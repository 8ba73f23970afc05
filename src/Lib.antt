-- ===== src/Lib.antt =====
-- A verification of the core of the recovery program: the parts that interpret update scripts and
-- that read and write package and firmware data.
--
-- edify (edify/expr.c, expr.h, parser.y), in Edify.antt and below. A Function of the C code, which
-- takes the State and returns a Value* or NULL, is a function into `Run` (Edify/State.antt): `done`
-- for a value, `null` for NULL, `fault` for an access out of bounds. `State` has the script, errmsg
-- and what the process prints and sleeps. Edify/Eval.antt has the values, the expressions (a function
-- pointer is the function itself) and ReadArgs with its variants, Edify/Builtins.antt the functions of
-- expr.c, Edify/Table.antt the function table, Edify/Grammar.antt the actions of parser.y on
-- derivations. A C string is the list of its bytes without the terminator; strtol, strstr and strcmp
-- are written out in Edify/Text.antt and Edify/Table.antt, with 32 bits for a `long`. malloc succeeds,
-- and free has no effect that a caller could see. The lexer and the generated parser are not modelled.
--
-- minzip (minzip/Hash.c, Zip.c, DirUtil.c), in Minzip.antt and below. The hash table is a record with the
-- list of its slots, and an operation returns no result where the C code would read out of bounds or loop
-- for ever. A walk has as many rounds as the table has slots, which is enough while one is empty; the invariant
-- `IsValid` (Minzip/Hash/Valid.antt) keeps one empty. An item is its address. The counters are taken
-- to stay in the range of an `int`, and the sizes that are asked for to be at most 2 ^ 30.
-- Minzip/Zip.antt has the archive reader (minzip/Zip.c): the mapping is a list of bytes, a pointer into it
-- the number of a byte, `base` where it lies among the 2 ^ 32 addresses; `done`, `bail` for `goto bail` and
-- `fault` for an access outside of the mapping. A long is kept as its pattern of 32 bits. The theorems take
-- the mapping to end 2 ^ 18 bytes below the top, so that a pointer to the next header does not wrap.
-- safe_add (safe_iop) is the record `SafeAdd`. The loop over the headers is structural, in the number of
-- entries, and so is the binary search: as many rounds as entries are enough. An item of the hash table is
-- the number of an entry.
-- Minzip/Contents.antt and below: the contents of entries. `Descriptor` is the archive's descriptor, `Zlib`
-- inflateInit2 and inflate, a function that takes contents is a `Process`; `outside` stands for an access
-- outside of an array, `endless` for more rounds than were allowed. As many rounds as bytes are enough for
-- a stored entry, and for a deflated one of n compressed bytes n + 1032 * (n + 1) and one, for a zlib that
-- gives at most 1032 bytes for a byte.
-- Minzip/Contents/Taken.antt has the functions that copy, write and check. Minzip/Dirs.antt has
-- dirCreateHierarchy (minzip/DirUtil.c) over a record `FileSystem` of calls; Minzip/Extract.antt
-- mzExtractRecursive and targetEntryPath, `called` being what the callback was called with. What memory
-- from malloc holds is an argument. mzCloseZipArchive, SysUtil.c, and the functions of DirUtil.c that
-- delete a hierarchy or set its permissions are not modelled.
--
-- applypatch (applypatch/bspatch.c, applypatch.c, utils.c, freecache.c and offtout of bsdiff.c), in
-- Applypatch.antt and below. Applypatch/Utils.antt has the little-endian numbers, Applypatch/Sha1.antt
-- the digests in hex digits, Applypatch/Sink.antt the writing to a file, whose answers are a list.
-- Applypatch/Bspatch.antt has the patches: bzip2 is a record `Decompressor` with the law of a call that
-- has room; FillBuffer and the loop of ApplyBSDiffPatchMem run on fuel, for a round of BZ2_bzDecompress
-- each and for a triple each, and `never` stands for what takes longer. An off_t and a long
-- have 32 bits: `to_long` is what they make of a number. `fill_beyond` is FillBuffer on more than a buffer
-- has room for, where a length is negative. As much fuel as bytes to fill
-- and as many rounds as triples are enough, where the streams hold what is asked for.
-- Applypatch/FreeCache.antt has the deletion of files of the cache partition over a record `Os` of what
-- the operating system answers.
-- Applypatch/World.antt is what applypatch.c runs on: a disk, a function from names to contents, with
-- every earlier state of it since the start, the writing of a file being seen byte by byte; and a record
-- `Kernel` of what each system call answers in each state. A program is a function from a World to a
-- World and an Outcome: a result, an exit with the value of the function, or a fault. Applypatch/Files.antt
-- has loading, saving and writing to a partition, Applypatch/Apply.antt has applypatch: `choose` picks the
-- source or its copy, `rounds` is the loop, of two rounds at most, which needs no fuel, `finish` is what
-- follows. `data` is NULL, a buffer or a freed buffer. `masked_data` is retouch_mask_data as LoadFileContents
-- calls it, `run_patch` what the decoder of a patch gives to the sink, which is then written: for a binary
-- patch ApplyBSDiffPatchMem. SHA_hash, bzip2, the rounds of its loops and ApplyImagePatch (imgpatch.c) are
-- the record `Tools`; a round whose write stops early fails as the decoder does. The mode and the owner of a file are not kept.
--
-- mounts.c, in Mounts.antt and below: the table of 32 entries, `fault` for a write past its end. The
-- bytes of /proc/mounts, of which a scan reads 2047, sscanf and umount are arguments. bootloader.c, in Bootloader.antt: a record
-- `Device` has the calls on the device of /misc; wait_for_device, which only spends time, stands alone.
--
-- minelf/Retouch.c, in Retouch.antt and below: the decoder of relocation lists, whose two static
-- variables are the record `Decoder`, and retouch_mask_data in Retouch/Mask.antt, over the bytes of a file;
-- its loop runs on fuel for an entry each, and as much fuel as bytes is enough.
--
-- console.c, in Console.antt and below: the two matrices are functions of row and column, and an operation
-- has no result where the C code would write outside of a matrix, of the buffer of escape sequences or of
-- the parameters, or where an int overflows in an escape sequence. Console/Escape.antt has the escape
-- sequences, Console/Print.antt ui_console_print and the scrolling, Console/Scrollback.antt the terminal
-- without an end that the matrices are compared with, Console/Session.antt the sequences of texts and
-- scrolling. The counters of rows are taken to stay in the range of an int, and
-- num_rows to be no negative number; drawing and locking are left out.
--
-- Not modelled: the user interface, the graphics, the sideloader, the updater's functions,
-- the terminal of the console, retouch_one_library, and the parts that only call the kernel.
pub mod Base
pub mod Edify
pub mod Minzip
pub mod Applypatch
pub mod Mounts
pub mod Bootloader
pub mod Retouch
pub mod Console
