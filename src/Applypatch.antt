-- ===== src/Applypatch.antt =====
-- applypatch: hashes, little-endian numbers, binary patches and room on the cache partition
-- (applypatch/applypatch.c, utils.c, bspatch.c, bsdiff.c, freecache.c).
pub mod Sha1
pub mod Sink
pub mod Utils
pub mod Bspatch
pub mod FreeCache
pub mod World
pub mod Files
pub mod Apply
mod Tests
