-- ===== src/Retouch.antt =====
-- The lists of relocations of retouched libraries (minelf/Retouch.c): the decoder of their entries. A
-- number is its pattern of 32 bits, and the fields of a byte are read by quotient and remainder.
pub mod Entries
pub mod Mask
pub mod Safe
mod Tests
use open_recovery.Base.{
  ℕ, ◌+◌, ◌-◌, ◌*◌, ◌/◌, ◌%◌, ◌^◌, Bool, List, [], ◌∷◌, Option, none, some, Bytes, true, false, leb,
  ◌==◌, if◌then◌else◌,
}

-- offs_prev and cont_prev
pub record Decoder : Type 0 where
  pub offs_prev : ℕ
  pub cont_prev : ℕ

-- init_compression_state
abbrev pub init_compression_state : Decoder
init_compression_state = record { offs_prev = 0; cont_prev = 0 }

-- decode_bytes with two bytes
unfoldable pub decode_bytes2 : Decoder → ℕ → ℕ → Decoder
decode_bytes2 s b0 b1 =
    let tmp = b0 % 32 * 2 ^ 8 + b1 in
    record {
      offs_prev = (s.offs_prev + (b0 / 32 % 4 + 1) * 4) % 2 ^ 32;
      cont_prev = (s.cont_prev + (if leb 4096 tmp then 4294959104 + tmp else tmp)) % 2 ^ 32;
    }

-- decode_bytes with three bytes
unfoldable pub decode_bytes3 : Decoder → ℕ → ℕ → ℕ → Decoder
decode_bytes3 s b0 b1 b2 =
    let tmp = b0 % 16 * 2 ^ 16 + b1 * 2 ^ 8 + b2 in
    record {
      offs_prev = (s.offs_prev + (b0 / 16 % 4 + 1) * 4) % 2 ^ 32;
      cont_prev = (s.cont_prev + (if leb 524288 tmp then 4293918720 + tmp else tmp)) % 2 ^ 32;
    }

-- decode_bytes with eight bytes
unfoldable pub decode_bytes8 : ℕ → ℕ → ℕ → ℕ → ℕ → ℕ → ℕ → ℕ → Decoder
decode_bytes8 b0 b1 b2 b3 b4 b5 b6 b7 =
    let offset = b0 * 2 ^ 24 + b1 * 2 ^ 16 + b2 * 2 ^ 8 + b3 in
    record {
      offs_prev = if offset == 1073741823 then 4294967295 else offset;
      cont_prev = b4 * 2 ^ 24 + b5 * 2 ^ 16 + b6 * 2 ^ 8 + b7;
    }

-- The bytes of an entry by its first byte, as decode_in_memory reads them. The state after it has the
-- offset and the contents of the entry; `none` is a read past the end.
abbrev pub by_size : Decoder → Bool → Bool → ℕ → Bytes → Option (Bytes × Decoder)
by_size s true long b0 (b1 ∷ rest) = some (rest, decode_bytes2 s b0 b1)
by_size s false true b0 (b1 ∷ b2 ∷ rest) = some (rest, decode_bytes3 s b0 b1 b2)
by_size s false false b0 (b1 ∷ b2 ∷ b3 ∷ b4 ∷ b5 ∷ b6 ∷ b7 ∷ rest) =
    some (rest, decode_bytes8 b0 b1 b2 b3 b4 b5 b6 b7)
by_size s short long b0 _ = none

-- decode_in_memory
unfoldable pub decode_in_memory : Decoder → Bytes → Option (Bytes × Decoder)
unfolding decode_bytes2 decode_bytes3 decode_bytes8
decode_in_memory s [] = none
decode_in_memory s (b0 ∷ rest) = by_size s (leb 1 (b0 / 128 % 2)) (leb 1 (b0 / 64 % 2)) b0 rest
_ _ _ _
Pull out each line of the entries that contains "sequences".

-- has no result where the C code would write outside of a matrix, of the buffer of escape sequences or of
-- sequences, Console/Print.antt ui_console_print and the scrolling, Console/Scrollback.antt the terminal
-- without an end that the matrices are compared with, Console/Session.antt the sequences of texts and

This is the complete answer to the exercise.